* Task requirements *
Across the entries that follow, count each line holding "true" and state the total alone.

Top of Records supplied

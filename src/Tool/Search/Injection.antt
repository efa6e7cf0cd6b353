-- ===== src/Tool/Search/Injection.antt =====
-- src/tool/search.rs: what the built command says, whatever text is in the query.
use nexo_plugin_email.Base.{
  Str, Bool, true, false, Option, none, some, List, [], ◌∷◌, ◌++◌, ◌≡◌, refl, sym, ap, ◌∙◌, arith,
  codes, join, trim, trim_start, ◌==◌, subst,
}
use nexo_plugin_email.ImapQuote.Injection.{flattened}
use nexo_plugin_email.ImapQuote.{imap_quote}
use nexo_plugin_email.Tool.Search.Tokens.{
  Token, word, quoted, read, start, AreParts, keyed_quote-IsPart, keyed_word-IsPart, word-IsPart,
  AreParts-append, read-join,
}
use nexo_plugin_email.Tool.Search.{
  SearchQuery, IsWord, Chrono, Atoms, atoms, invalid_since, invalid_before, keyed, text_part,
  domain_of_trimmed, domain_part, flag_part, finish, date_part, with_dates, build_search_atoms,
}

-- What a query asks for: a key and the text with its line breaks as blanks.
abbrev pub text_tokens : Str → Option Str → List Token
text_tokens key none = []
text_tokens key (some v) = word key ∷ quoted (flattened v) ∷ []

abbrev pub domain_tokens_of : Str → List Token
domain_tokens_of [] = []
domain_tokens_of (c ∷ s) = word (codes "FROM") ∷ quoted (flattened (b'@' ∷ c ∷ s)) ∷ []

abbrev pub domain_tokens : Option Str → List Token
domain_tokens none = []
domain_tokens (some v) = domain_tokens_of (trim_start (λ c. c == b'@') (trim v))

abbrev pub flag_tokens : List Token → Option Bool → List Token
flag_tokens ts (some true) = ts
flag_tokens ts (some false) = []
flag_tokens ts none = []

abbrev pub or_all : List Token → List Token
or_all [] = word (codes "ALL") ∷ []
or_all (t ∷ ts) = t ∷ ts

text-AreParts :
    (key : Str) (o : Option Str) → IsWord key → AreParts (text_part key o) (text_tokens key o)
unfolding text_part
text-AreParts key none h = refl
text-AreParts key (some v) h = (_, _, [], refl, keyed_quote-IsPart key v h, refl)

from_IsWord : IsWord (codes "FROM")
from_IsWord = ground arith

domain_of_trimmed-AreParts : (d : Str) → AreParts (domain_of_trimmed d) (domain_tokens_of d)
unfolding domain_of_trimmed
domain_of_trimmed-AreParts [] = refl
domain_of_trimmed-AreParts (c ∷ s) =
    (_, _, [], refl, keyed_quote-IsPart (codes "FROM") (b'@' ∷ c ∷ s) from_IsWord, refl)

domain-AreParts : (o : Option Str) → AreParts (domain_part o) (domain_tokens o)
unfolding domain_part
domain-AreParts none = refl
domain-AreParts (some v) = domain_of_trimmed-AreParts (trim_start (λ c. c == b'@') (trim v))

flag-AreParts :
    (w : Str) (o : Option Bool) → IsWord w → AreParts (flag_part w o) (flag_tokens (word w ∷ []) o)
unfolding flag_part
flag-AreParts w none h = refl
flag-AreParts w (some false) h = refl
flag-AreParts w (some true) h = (_, [], [], refl, word-IsPart w h, refl)

body-IsWord : IsWord (codes "BODY")
body-IsWord = ground arith

multipart-AreParts :
    (o : Option Bool)
    → AreParts
        (flag_part (keyed (codes "BODY") (imap_quote (codes "multipart/"))) o)
        (flag_tokens (word (codes "BODY") ∷ quoted (codes "multipart/") ∷ []) o)
unfolding flag_part flattened
multipart-AreParts none = refl
multipart-AreParts (some false) = refl
multipart-AreParts (some true) =
    (_, _, [], refl, keyed_quote-IsPart (codes "BODY") (codes "multipart/") body-IsWord, refl)

finish_lem :
    (ps : List Str) (ts : List Token)
    → AreParts ps ts
    → (s : Str) × (finish ps ≡ atoms s) × (read start s ≡ some (or_all ts))
unfolding finish
finish_lem [] ts h = (
  codes "ALL",
  refl,
  (word-IsPart (codes "ALL") (ground arith)).0 ∙ ap (λ x. some (or_all x)) (sym h),
)
finish_lem (p ∷ ps) ts (t, u, v, e, part, h) = (
  join (32 ∷ []) (p ∷ ps),
  refl,
  read-join p ps ts (t, u, v, e, part, h) ∙ ap some e ∙ ap (λ x. some (or_all x)) (sym e),
)

module _ (chrono : Chrono) where
  abbrev pub parsed_tokens : Str → Option chrono.NaiveDate → List Token
  parsed_tokens key none = []
  parsed_tokens key (some d) = word key ∷ word (chrono.format d) ∷ []

  abbrev pub date_tokens : Str → Option Str → List Token
  date_tokens key none = []
  date_tokens key (some v) = parsed_tokens key (chrono.parse_from_str v)

  -- Everything that a query asks for, in the order of the command.
  abbrev pub query_tokens : SearchQuery → List Token
  query_tokens q =
      text_tokens (codes "FROM") q.from
      ++ domain_tokens q.from_domain
      ++ text_tokens (codes "TO") q.to
      ++ text_tokens (codes "SUBJECT") q.subject
      ++ text_tokens (codes "BODY") q.body
      ++ date_tokens (codes "SINCE") q.since
      ++ date_tokens (codes "BEFORE") q.before
      ++ flag_tokens (word (codes "UNSEEN") ∷ []) q.unseen
      ++ flag_tokens (word (codes "SEEN") ∷ []) q.seen
      ++ flag_tokens (word (codes "BODY") ∷ quoted (codes "multipart/") ∷ []) q.has_attachments

  abbrev pub IsBadDate : Option Str → Type 0
  IsBadDate o = (v : Str) × (o ≡ some v) × (chrono.parse_from_str v ≡ none)

  abbrev DateParts : Str → Option Str → Option (List Str) → Type 0
  DateParts key o none = IsBadDate o
  DateParts key o (some ps) = AreParts ps (date_tokens key o)

  date_part_lem :
      (key : Str) (o : Option Str) → IsWord key → DateParts key o (date_part chrono key o)
  unfolding date_part
  date_part_lem key none h = refl
  date_part_lem key (some v) h = parsed (chrono.parse_from_str v) refl
    where
      parsed :
          (r : Option chrono.NaiveDate)
          → chrono.parse_from_str v ≡ r
          → (let ps : Option (List Str) = elim r [
            | none ↦ none
            | some d ↦ some (keyed key (chrono.format d) ∷ [])
          ] in
              DateParts key (some v) ps)
      parsed none e = (v, refl, e)
      parsed (some d) e = (
        word key,
        word (chrono.format d) ∷ [],
        [],
        ap (parsed_tokens key) e,
        keyed_word-IsPart key (chrono.format d) h (chrono.format-IsWord d),
        refl,
      )

  -- What the answer says of the query.
  abbrev pub IsAnswer : SearchQuery → Atoms → Type 0
  IsAnswer q (atoms s) = read start s ≡ some (or_all (query_tokens q))
  IsAnswer q invalid_since = IsBadDate q.since
  IsAnswer q invalid_before = IsBadDate q.before

  with_dates_lem :
      (q : SearchQuery) (since before : Option (List Str))
      → DateParts (codes "SINCE") q.since since
      → DateParts (codes "BEFORE") q.before before
      → IsAnswer q (with_dates chrono q since before)
  unfolding with_dates
  with_dates_lem q none before h g = h
  with_dates_lem q (some since) none h g = g
  with_dates_lem q (some since) (some before) h g =
      let (s, same, reads) = finish_lem _ (query_tokens q) parts in
      subst (IsAnswer q) (sym same) reads
    where
      parts :
          AreParts
            (text_part (codes "FROM") q.from
              ++ domain_part q.from_domain
              ++ text_part (codes "TO") q.to
              ++ text_part (codes "SUBJECT") q.subject
              ++ text_part (codes "BODY") q.body
              ++ since
              ++ before
              ++ flag_part (codes "UNSEEN") q.unseen
              ++ flag_part (codes "SEEN") q.seen
              ++ flag_part
                  (keyed (codes "BODY") (imap_quote (codes "multipart/")))
                  q.has_attachments)
            (query_tokens q)
      parts =
          AreParts-append _ _ _ _
            (AreParts-append _ _ _ _
              (AreParts-append _ _ _ _
                (AreParts-append _ _ _ _
                  (AreParts-append _ _ _ _
                    (AreParts-append _ _ _ _
                      (AreParts-append _ _ _ _
                        (AreParts-append _ _ _ _
                          (AreParts-append _ _ _ _ (text-AreParts (codes "FROM") q.from from_IsWord)
                            (domain-AreParts q.from_domain))
                          (text-AreParts (codes "TO") q.to (ground arith)))
                        (text-AreParts (codes "SUBJECT") q.subject (ground arith)))
                      (text-AreParts (codes "BODY") q.body body-IsWord))
                    h)
                  g)
                (flag-AreParts (codes "UNSEEN") q.unseen (ground arith)))
              (flag-AreParts (codes "SEEN") q.seen (ground arith)))
            (multipart-AreParts q.has_attachments)

  -- A command is built unless a date does not parse. A server that reads the command finds exactly
  -- what the query asks for, each text with its line breaks as blanks, or ALL if it asks for
  -- nothing.
  pub build_search_atoms_lem : (q : SearchQuery) → IsAnswer q (build_search_atoms chrono q)
  unfolding build_search_atoms
  build_search_atoms_lem q =
      with_dates_lem q (date_part chrono (codes "SINCE") q.since)
        (date_part chrono (codes "BEFORE") q.before)
        (date_part_lem (codes "SINCE") q.since (ground arith))
        (date_part_lem (codes "BEFORE") q.before (ground arith))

Bottom of Records supplied

* Completed exercise *
4